(What the exercise asks):
Let the line containing "-- A profile's" serve as the first line of the answer and the final line of the entries as its last, with every line between copied exactly.

╔══

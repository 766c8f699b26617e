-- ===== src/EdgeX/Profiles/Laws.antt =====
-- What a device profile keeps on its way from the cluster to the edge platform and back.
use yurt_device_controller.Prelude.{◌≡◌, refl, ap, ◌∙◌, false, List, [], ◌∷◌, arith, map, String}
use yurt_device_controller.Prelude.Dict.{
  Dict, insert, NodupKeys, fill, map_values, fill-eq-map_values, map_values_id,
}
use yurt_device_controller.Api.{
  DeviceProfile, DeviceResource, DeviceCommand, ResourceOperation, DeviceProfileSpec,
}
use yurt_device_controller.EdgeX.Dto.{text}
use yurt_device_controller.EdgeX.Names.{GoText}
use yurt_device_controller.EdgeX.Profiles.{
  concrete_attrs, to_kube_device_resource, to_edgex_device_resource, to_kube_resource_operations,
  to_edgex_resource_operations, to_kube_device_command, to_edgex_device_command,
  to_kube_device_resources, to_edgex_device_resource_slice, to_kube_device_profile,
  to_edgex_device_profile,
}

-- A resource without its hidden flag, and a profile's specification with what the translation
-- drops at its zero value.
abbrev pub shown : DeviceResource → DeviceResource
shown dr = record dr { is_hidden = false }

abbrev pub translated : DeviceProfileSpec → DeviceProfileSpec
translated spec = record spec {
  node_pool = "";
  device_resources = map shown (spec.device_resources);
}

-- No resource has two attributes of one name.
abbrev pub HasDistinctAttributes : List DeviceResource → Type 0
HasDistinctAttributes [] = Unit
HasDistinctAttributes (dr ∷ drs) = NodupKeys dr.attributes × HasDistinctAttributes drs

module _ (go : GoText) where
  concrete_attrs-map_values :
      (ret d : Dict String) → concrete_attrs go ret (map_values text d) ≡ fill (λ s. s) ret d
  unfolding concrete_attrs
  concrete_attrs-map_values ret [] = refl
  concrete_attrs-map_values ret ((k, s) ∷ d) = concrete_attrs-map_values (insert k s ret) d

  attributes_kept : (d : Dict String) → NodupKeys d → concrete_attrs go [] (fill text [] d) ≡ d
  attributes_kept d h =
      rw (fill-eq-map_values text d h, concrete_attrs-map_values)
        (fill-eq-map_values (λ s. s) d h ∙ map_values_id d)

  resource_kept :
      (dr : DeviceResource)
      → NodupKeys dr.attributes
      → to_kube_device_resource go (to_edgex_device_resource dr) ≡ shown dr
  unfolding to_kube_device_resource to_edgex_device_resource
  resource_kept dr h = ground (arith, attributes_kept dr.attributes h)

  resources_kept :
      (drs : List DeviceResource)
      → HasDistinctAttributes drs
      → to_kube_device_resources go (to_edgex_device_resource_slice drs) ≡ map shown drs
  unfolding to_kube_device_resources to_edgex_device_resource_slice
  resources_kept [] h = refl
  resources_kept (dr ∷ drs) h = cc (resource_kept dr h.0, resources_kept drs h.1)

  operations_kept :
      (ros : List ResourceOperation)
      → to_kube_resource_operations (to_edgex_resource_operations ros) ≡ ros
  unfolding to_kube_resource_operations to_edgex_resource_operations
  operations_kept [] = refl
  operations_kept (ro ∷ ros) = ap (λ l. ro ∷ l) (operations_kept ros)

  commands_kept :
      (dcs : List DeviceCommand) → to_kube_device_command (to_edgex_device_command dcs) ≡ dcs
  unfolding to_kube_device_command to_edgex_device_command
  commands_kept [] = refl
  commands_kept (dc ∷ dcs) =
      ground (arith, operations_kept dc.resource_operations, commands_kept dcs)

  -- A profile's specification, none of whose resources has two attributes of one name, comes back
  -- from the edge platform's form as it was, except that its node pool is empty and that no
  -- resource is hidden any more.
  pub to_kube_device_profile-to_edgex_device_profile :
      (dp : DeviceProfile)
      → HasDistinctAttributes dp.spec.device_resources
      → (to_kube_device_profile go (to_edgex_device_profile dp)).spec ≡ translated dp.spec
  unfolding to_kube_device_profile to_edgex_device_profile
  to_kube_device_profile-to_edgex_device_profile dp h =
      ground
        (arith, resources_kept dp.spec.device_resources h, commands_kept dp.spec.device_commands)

╚══

(Exercise result):
  -- A profile's specification, none of whose resources has two attributes of one name, comes back
  -- from the edge platform's form as it was, except that its node pool is empty and that no
  -- resource is hidden any more.
  pub to_kube_device_profile-to_edgex_device_profile :
      (dp : DeviceProfile)
      → HasDistinctAttributes dp.spec.device_resources
      → (to_kube_device_profile go (to_edgex_device_profile dp)).spec ≡ translated dp.spec
  unfolding to_kube_device_profile to_edgex_device_profile
  to_kube_device_profile-to_edgex_device_profile dp h =
      ground
        (arith, resources_kept dp.spec.device_resources h, commands_kept dp.spec.device_commands)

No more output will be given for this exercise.